● **EXTRACTED DATA**:
*** Block opens ***

-- ===== src/Prelude/Bits.antt =====
-- The binary digits of the native numbers, and what the bitwise operations do to each of them.

use Prim.Native.Nat.{
  ℕ, zero, suc, ◌+◌, ◌*◌, ◌/◌, ◌%◌, ◌≤◌, ◌<◌, min, max, bit_and, bit_or, digits, bit_and-bitwise,
  bit_or-bitwise,
}
use mathlib.Core.Path.{◌≡◌, refl, sym, ap, ◌∙◌}
use native.Mathlib.Omega.{arith}

-- The digit of weight 2 ^ i.
unfoldable pub bit : ℕ → ℕ → ℕ
bit zero a = a % 2
bit (suc i) a = bit i (a / 2)

bit-zero : (i : ℕ) → bit i 0 ≡ 0
unfolding bit
bit-zero zero = refl
bit-zero (suc i) = bit-zero i

-- An operation on two digits, applied to all of them, on numbers with enough digits to go.
module _ (z : ℕ → ℕ) (f : ℕ → ℕ → ℕ) (ends : (i b : ℕ) → bit i (z b) ≡ f 0 (bit i b))
    (small : (a b : ℕ) → f (a % 2) (b % 2) < 2) where
  bit-digits : (i n a b : ℕ) → a ≤ n → bit i (digits z f n a b) ≡ f (bit i a) (bit i b)
  unfolding bit
  bit-digits zero zero zero b h = ends zero b
  bit-digits zero zero (suc a) b h = absurd (omega arith)
  bit-digits zero (suc n) zero b h = ends zero b
  bit-digits zero (suc n) (suc a) b h = omega (arith, small (suc a) b)
  bit-digits (suc i) zero zero b h =
      ends (suc i) b ∙ sym (ap (λ x. f x (bit i (b / 2))) (bit-zero i))
  bit-digits (suc i) zero (suc a) b h = absurd (omega arith)
  bit-digits (suc i) (suc n) zero b h =
      ends (suc i) b ∙ sym (ap (λ x. f x (bit i (b / 2))) (bit-zero i))
  bit-digits (suc i) (suc n) (suc a) b h =
      ap (bit i) (half n a b) ∙ bit-digits i n (suc a / 2) (b / 2) (omega arith)
    where
      half :
          (n a b : ℕ)
          → (digits z f n (suc a / 2) (b / 2) * 2 + f (suc a % 2) (b % 2)) / 2
            ≡ digits z f n (suc a / 2) (b / 2)
      half n a b = omega (arith, small (suc a) b)

pub bit-bit_and : (i a b : ℕ) → bit i (bit_and a b) ≡ min (bit i a) (bit i b)
bit-bit_and i a b =
    ap (bit i) (bit_and-bitwise a b)
    ∙ bit-digits (λ b. 0) min (λ i b. omega (arith, bit-zero i)) (λ a b. omega arith) i a a b
        (omega arith)

pub bit-bit_or : (i a b : ℕ) → bit i (bit_or a b) ≡ max (bit i a) (bit i b)
bit-bit_or i a b =
    ap (bit i) (bit_or-bitwise a b)
    ∙ bit-digits (λ b. b) max (λ i b. omega arith) (λ a b. omega arith) i a a b (omega arith)

-- A number is its digits.
pub bit-ext : (n a b : ℕ) → a ≤ n → b ≤ n → ((i : ℕ) → bit i a ≡ bit i b) → a ≡ b
unfolding bit
bit-ext zero a b h k e = omega arith
bit-ext (suc n) a b h k e =
    omega (arith, e 0, bit-ext n (a / 2) (b / 2) (omega arith) (omega arith) (λ i. e (suc i)))

bit-half : (i a : ℕ) → bit (suc i) a ≡ bit i (a / 2)
unfolding bit
bit-half i a = refl

pub bit_and-half : (a b : ℕ) → bit_and a b / 2 ≡ bit_and (a / 2) (b / 2)
bit_and-half a b =
    bit-ext (bit_and a b / 2 + bit_and (a / 2) (b / 2)) (bit_and a b / 2) (bit_and (a / 2) (b / 2))
      (omega arith) (omega arith)
      (λ i.
        sym (bit-half i (bit_and a b))
        ∙ bit-bit_and (suc i) a b
        ∙ ap (λ x. min x (bit (suc i) b)) (bit-half i a)
        ∙ ap (min (bit i (a / 2))) (bit-half i b)
        ∙ sym (bit-bit_and i (a / 2) (b / 2)))

bit_and-odd : (a b : ℕ) → bit_and a b % 2 ≡ min (a % 2) (b % 2)
unfolding bit
bit_and-odd a b = bit-bit_and 0 a b

-- The number of the last k digits.
unfoldable pub low : ℕ → ℕ → ℕ
low zero a = 0
low (suc k) a = a % 2 + 2 * low k (a / 2)

-- The number without them.
unfoldable pub high : ℕ → ℕ → ℕ
high zero a = a
high (suc k) a = high k (a / 2)

pub high-bit_and : (k a b : ℕ) → high k (bit_and a b) ≡ bit_and (high k a) (high k b)
unfolding high
high-bit_and zero a b = refl
high-bit_and (suc k) a b = ap (high k) (bit_and-half a b) ∙ high-bit_and k (a / 2) (b / 2)

pub bit_and_step : (a b : ℕ) → bit_and a b ≡ 2 * bit_and (a / 2) (b / 2) + min (a % 2) (b % 2)
bit_and_step a b = omega (arith, bit_and-half a b, bit_and-odd a b)

pub bit_and-zero : (n a : ℕ) → a ≤ n → bit_and a 0 ≡ 0
bit_and-zero zero a h = let e : a ≡ 0 = omega arith in rw e
bit_and-zero (suc n) zero h = refl
bit_and-zero (suc n) (suc a) h =
    omega (arith, bit_and_step (suc a) 0, bit_and-zero n (suc a / 2) (omega arith))

-- A mask of k digits sees the last k digits.
pub bit_and-low : (k a b : ℕ) → high k b ≡ 0 → bit_and a b ≡ bit_and (low k a) b
unfolding low high
bit_and-low zero a b h = rw h (bit_and-zero a a (omega arith))
bit_and-low (suc k) a b h =
    let e : (a % 2 + 2 * low k (a / 2)) / 2 ≡ low k (a / 2) = omega arith in
    omega (
      arith,
      bit_and_step a b,
      bit_and-low k (a / 2) (b / 2) h,
      bit_and_step (a % 2 + 2 * low k (a / 2)) b,
      ap (λ x. bit_and x (b / 2)) e,
    )

pub low-bit_and : (k a b : ℕ) → low k (bit_and a b) ≡ bit_and (low k a) (low k b)
unfolding low
low-bit_and zero a b = refl
low-bit_and (suc k) a b =
    let d : (a % 2 + 2 * low k (a / 2)) / 2 ≡ low k (a / 2) = omega arith in
    let e : (b % 2 + 2 * low k (b / 2)) / 2 ≡ low k (b / 2) = omega arith in
    omega (
      arith,
      bit_and-odd a b,
      ap (low k) (bit_and-half a b),
      low-bit_and k (a / 2) (b / 2),
      bit_and_step (a % 2 + 2 * low k (a / 2)) (b % 2 + 2 * low k (b / 2)),
      ap (λ x. bit_and x ((b % 2 + 2 * low k (b / 2)) / 2)) d,
      ap (bit_and (low k (a / 2))) e,
    )

-- The number whose k digits are all 1.
unfoldable pub ones : ℕ → ℕ
ones zero = 0
ones (suc k) = 1 + 2 * ones k

pub bit_and-ones : (k a : ℕ) → bit_and a (ones k) ≡ low k a
unfolding low ones
bit_and-ones zero a = bit_and-zero a a (omega arith)
bit_and-ones (suc k) a =
    let d : (1 + 2 * ones k) / 2 ≡ ones k = omega arith in
    omega (arith, bit_and_step a (1 + 2 * ones k), bit_and-ones k (a / 2), ap (bit_and (a / 2)) d)

pub low-id : (k a : ℕ) → high k a ≡ 0 → low k a ≡ a
unfolding low high
low-id zero a h = sym h
low-id (suc k) a h = omega (arith, low-id k (a / 2) h)

pub low_6 : (a : ℕ) → low 6 a ≡ a % 64
unfolding low
low_6 a = omega arith

pub high_6 : (a : ℕ) → high 6 a ≡ a / 64
unfolding high
high_6 a = omega arith

-- A mask without the last six digits does not see them.
pub bit_and-high : (a b w : ℕ) → a / 64 ≡ b / 64 → low 6 w ≡ 0 → bit_and a w ≡ bit_and b w
bit_and-high a b w e z =
    let ha : bit_and a w / 64 ≡ bit_and (a / 64) (w / 64) =
      sym (high_6 (bit_and a w))
      ∙ high-bit_and 6 a w
      ∙ ap (λ x. bit_and x (high 6 w)) (high_6 a)
      ∙ ap (bit_and (a / 64)) (high_6 w) in
    let hb : bit_and b w / 64 ≡ bit_and (b / 64) (w / 64) =
      sym (high_6 (bit_and b w))
      ∙ high-bit_and 6 b w
      ∙ ap (λ x. bit_and x (high 6 w)) (high_6 b)
      ∙ ap (bit_and (b / 64)) (high_6 w) in
    let la : bit_and a w % 64 ≡ 0 =
      sym (low_6 (bit_and a w))
      ∙ low-bit_and 6 a w
      ∙ ap (bit_and (low 6 a)) z
      ∙ bit_and-zero (low 6 a) (low 6 a) (omega arith) in
    let lb : bit_and b w % 64 ≡ 0 =
      sym (low_6 (bit_and b w))
      ∙ low-bit_and 6 b w
      ∙ ap (bit_and (low 6 b)) z
      ∙ bit_and-zero (low 6 b) (low 6 b) (omega arith) in
    omega (arith, ha, hb, la, lb, ap (λ x. bit_and x (w / 64)) e)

*** Block closes ***

● **ASSIGNMENT**: From the records above, extract exactly and only the lines that begin at the line with "bit_and-zero (suc n) zero h = refl" and stop after the line with "bit_and-ones (suc k)".

● **TASK SOLUTION**:
bit_and-zero (suc n) zero h = refl
bit_and-zero (suc n) (suc a) h =
    omega (arith, bit_and_step (suc a) 0, bit_and-zero n (suc a / 2) (omega arith))

-- A mask of k digits sees the last k digits.
pub bit_and-low : (k a b : ℕ) → high k b ≡ 0 → bit_and a b ≡ bit_and (low k a) b
unfolding low high
bit_and-low zero a b h = rw h (bit_and-zero a a (omega arith))
bit_and-low (suc k) a b h =
    let e : (a % 2 + 2 * low k (a / 2)) / 2 ≡ low k (a / 2) = omega arith in
    omega (
      arith,
      bit_and_step a b,
      bit_and-low k (a / 2) (b / 2) h,
      bit_and_step (a % 2 + 2 * low k (a / 2)) b,
      ap (λ x. bit_and x (b / 2)) e,
    )

pub low-bit_and : (k a b : ℕ) → low k (bit_and a b) ≡ bit_and (low k a) (low k b)
unfolding low
low-bit_and zero a b = refl
low-bit_and (suc k) a b =
    let d : (a % 2 + 2 * low k (a / 2)) / 2 ≡ low k (a / 2) = omega arith in
    let e : (b % 2 + 2 * low k (b / 2)) / 2 ≡ low k (b / 2) = omega arith in
    omega (
      arith,
      bit_and-odd a b,
      ap (low k) (bit_and-half a b),
      low-bit_and k (a / 2) (b / 2),
      bit_and_step (a % 2 + 2 * low k (a / 2)) (b % 2 + 2 * low k (b / 2)),
      ap (λ x. bit_and x ((b % 2 + 2 * low k (b / 2)) / 2)) d,
      ap (bit_and (low k (a / 2))) e,
    )

-- The number whose k digits are all 1.
unfoldable pub ones : ℕ → ℕ
ones zero = 0
ones (suc k) = 1 + 2 * ones k

pub bit_and-ones : (k a : ℕ) → bit_and a (ones k) ≡ low k a
unfolding low ones
bit_and-ones zero a = bit_and-zero a a (omega arith)
bit_and-ones (suc k) a =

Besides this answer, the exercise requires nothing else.